EXERCISE REQUIREMENTS
Find the line that contains "dispatch_method w rpc_http_delete". Output it and every line after it to the end of the records, exactly as they appear.

[STORED DATA — start]

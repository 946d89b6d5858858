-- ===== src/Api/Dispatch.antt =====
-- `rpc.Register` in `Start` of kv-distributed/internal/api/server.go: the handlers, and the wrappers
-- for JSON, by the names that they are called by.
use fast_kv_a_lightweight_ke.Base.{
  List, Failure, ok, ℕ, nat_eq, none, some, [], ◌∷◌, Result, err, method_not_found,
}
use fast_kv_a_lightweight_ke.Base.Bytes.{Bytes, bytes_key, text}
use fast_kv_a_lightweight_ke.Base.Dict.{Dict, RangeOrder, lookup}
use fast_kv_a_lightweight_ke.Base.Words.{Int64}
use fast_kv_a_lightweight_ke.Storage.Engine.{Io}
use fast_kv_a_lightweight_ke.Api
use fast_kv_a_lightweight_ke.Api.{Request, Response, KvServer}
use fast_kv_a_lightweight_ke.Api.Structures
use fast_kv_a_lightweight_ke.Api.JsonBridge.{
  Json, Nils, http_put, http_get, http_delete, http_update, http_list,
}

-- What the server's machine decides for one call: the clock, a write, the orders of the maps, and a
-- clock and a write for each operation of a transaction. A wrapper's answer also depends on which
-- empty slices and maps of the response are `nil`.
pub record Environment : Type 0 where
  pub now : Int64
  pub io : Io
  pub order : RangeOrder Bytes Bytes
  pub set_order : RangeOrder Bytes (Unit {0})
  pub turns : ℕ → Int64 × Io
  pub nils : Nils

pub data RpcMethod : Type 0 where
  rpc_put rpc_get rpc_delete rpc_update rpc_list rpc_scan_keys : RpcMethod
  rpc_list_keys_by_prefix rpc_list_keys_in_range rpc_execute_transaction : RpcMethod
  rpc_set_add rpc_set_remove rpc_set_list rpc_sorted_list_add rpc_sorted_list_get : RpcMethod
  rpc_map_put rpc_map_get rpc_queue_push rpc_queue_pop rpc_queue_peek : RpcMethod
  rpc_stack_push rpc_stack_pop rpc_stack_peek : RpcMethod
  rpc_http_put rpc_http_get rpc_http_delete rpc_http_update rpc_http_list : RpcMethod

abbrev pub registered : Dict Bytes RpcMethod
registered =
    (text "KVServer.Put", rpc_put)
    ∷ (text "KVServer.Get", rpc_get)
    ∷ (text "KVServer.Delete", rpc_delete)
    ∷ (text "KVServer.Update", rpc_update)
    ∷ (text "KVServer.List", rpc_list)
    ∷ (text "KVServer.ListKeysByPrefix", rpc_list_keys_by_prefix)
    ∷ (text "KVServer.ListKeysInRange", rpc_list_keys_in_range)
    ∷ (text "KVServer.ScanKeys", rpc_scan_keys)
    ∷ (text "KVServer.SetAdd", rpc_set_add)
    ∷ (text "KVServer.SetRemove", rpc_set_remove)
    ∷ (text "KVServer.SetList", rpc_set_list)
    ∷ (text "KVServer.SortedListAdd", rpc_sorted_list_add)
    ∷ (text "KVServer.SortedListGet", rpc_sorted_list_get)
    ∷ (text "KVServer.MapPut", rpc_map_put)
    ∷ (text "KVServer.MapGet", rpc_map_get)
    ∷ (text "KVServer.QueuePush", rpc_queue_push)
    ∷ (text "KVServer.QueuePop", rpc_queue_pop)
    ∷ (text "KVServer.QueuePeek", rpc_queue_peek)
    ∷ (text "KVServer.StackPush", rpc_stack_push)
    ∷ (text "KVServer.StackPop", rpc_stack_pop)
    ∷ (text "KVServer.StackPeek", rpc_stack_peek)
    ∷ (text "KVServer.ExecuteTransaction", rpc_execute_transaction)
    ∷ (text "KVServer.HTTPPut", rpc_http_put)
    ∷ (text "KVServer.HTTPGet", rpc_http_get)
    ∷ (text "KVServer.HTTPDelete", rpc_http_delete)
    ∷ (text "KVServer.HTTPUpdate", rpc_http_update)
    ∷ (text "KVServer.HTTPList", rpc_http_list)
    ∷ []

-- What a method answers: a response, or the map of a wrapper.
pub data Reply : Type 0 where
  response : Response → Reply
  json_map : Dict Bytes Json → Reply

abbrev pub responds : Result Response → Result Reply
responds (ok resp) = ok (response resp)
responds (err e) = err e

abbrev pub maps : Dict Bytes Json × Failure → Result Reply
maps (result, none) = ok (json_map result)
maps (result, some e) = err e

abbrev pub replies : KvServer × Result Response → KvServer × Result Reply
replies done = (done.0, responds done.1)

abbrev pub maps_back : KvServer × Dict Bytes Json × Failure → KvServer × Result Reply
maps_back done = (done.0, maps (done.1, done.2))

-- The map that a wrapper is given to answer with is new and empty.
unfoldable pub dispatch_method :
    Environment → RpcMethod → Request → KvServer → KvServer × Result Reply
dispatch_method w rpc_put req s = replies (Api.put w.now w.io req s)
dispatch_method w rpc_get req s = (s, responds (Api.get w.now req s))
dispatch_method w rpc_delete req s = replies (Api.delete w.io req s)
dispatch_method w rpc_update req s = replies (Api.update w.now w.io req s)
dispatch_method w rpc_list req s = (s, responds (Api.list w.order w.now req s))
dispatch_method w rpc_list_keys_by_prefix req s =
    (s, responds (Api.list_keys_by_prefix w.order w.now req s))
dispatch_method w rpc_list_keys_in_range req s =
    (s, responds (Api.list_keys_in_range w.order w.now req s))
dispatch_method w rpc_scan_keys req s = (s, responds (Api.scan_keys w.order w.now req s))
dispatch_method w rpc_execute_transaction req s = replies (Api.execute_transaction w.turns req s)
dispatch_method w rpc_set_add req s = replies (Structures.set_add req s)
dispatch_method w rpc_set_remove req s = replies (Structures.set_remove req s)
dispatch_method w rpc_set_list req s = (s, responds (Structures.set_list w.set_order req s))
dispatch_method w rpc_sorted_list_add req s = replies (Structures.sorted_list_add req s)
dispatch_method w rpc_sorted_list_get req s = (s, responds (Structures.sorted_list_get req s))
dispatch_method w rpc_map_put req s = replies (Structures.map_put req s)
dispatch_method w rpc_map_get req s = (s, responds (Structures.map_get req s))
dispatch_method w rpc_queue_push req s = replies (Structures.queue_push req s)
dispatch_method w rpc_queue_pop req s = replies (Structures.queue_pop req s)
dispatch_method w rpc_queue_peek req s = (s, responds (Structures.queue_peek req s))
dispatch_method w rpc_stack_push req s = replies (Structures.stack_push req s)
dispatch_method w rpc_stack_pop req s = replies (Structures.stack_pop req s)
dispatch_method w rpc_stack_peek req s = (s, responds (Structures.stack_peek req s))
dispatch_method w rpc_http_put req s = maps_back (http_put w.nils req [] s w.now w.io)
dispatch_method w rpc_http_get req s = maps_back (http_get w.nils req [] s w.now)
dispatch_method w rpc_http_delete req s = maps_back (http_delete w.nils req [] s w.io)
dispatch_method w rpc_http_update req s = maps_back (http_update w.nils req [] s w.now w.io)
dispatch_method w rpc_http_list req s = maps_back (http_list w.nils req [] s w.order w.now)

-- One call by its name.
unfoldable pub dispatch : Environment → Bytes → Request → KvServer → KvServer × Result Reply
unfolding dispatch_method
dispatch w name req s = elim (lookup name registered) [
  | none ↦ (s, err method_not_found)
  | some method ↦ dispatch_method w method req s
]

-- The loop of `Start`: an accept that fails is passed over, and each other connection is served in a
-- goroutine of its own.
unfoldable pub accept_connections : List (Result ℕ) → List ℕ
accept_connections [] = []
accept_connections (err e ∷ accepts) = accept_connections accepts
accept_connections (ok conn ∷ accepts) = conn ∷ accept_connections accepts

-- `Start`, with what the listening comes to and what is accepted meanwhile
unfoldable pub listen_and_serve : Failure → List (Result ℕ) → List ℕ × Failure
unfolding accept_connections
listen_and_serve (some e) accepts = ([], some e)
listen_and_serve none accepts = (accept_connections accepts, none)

[STORED DATA — finish]

RESPONSE AREA
dispatch_method w rpc_http_delete req s = maps_back (http_delete w.nils req [] s w.io)
dispatch_method w rpc_http_update req s = maps_back (http_update w.nils req [] s w.now w.io)
dispatch_method w rpc_http_list req s = maps_back (http_list w.nils req [] s w.order w.now)

-- One call by its name.
unfoldable pub dispatch : Environment → Bytes → Request → KvServer → KvServer × Result Reply
unfolding dispatch_method
dispatch w name req s = elim (lookup name registered) [
  | none ↦ (s, err method_not_found)
  | some method ↦ dispatch_method w method req s
]

-- The loop of `Start`: an accept that fails is passed over, and each other connection is served in a
-- goroutine of its own.
unfoldable pub accept_connections : List (Result ℕ) → List ℕ
accept_connections [] = []
accept_connections (err e ∷ accepts) = accept_connections accepts
accept_connections (ok conn ∷ accepts) = conn ∷ accept_connections accepts

-- `Start`, with what the listening comes to and what is accepted meanwhile
unfoldable pub listen_and_serve : Failure → List (Result ℕ) → List ℕ × Failure
unfolding accept_connections
listen_and_serve (some e) accepts = ([], some e)
listen_and_serve none accepts = (accept_connections accepts, none)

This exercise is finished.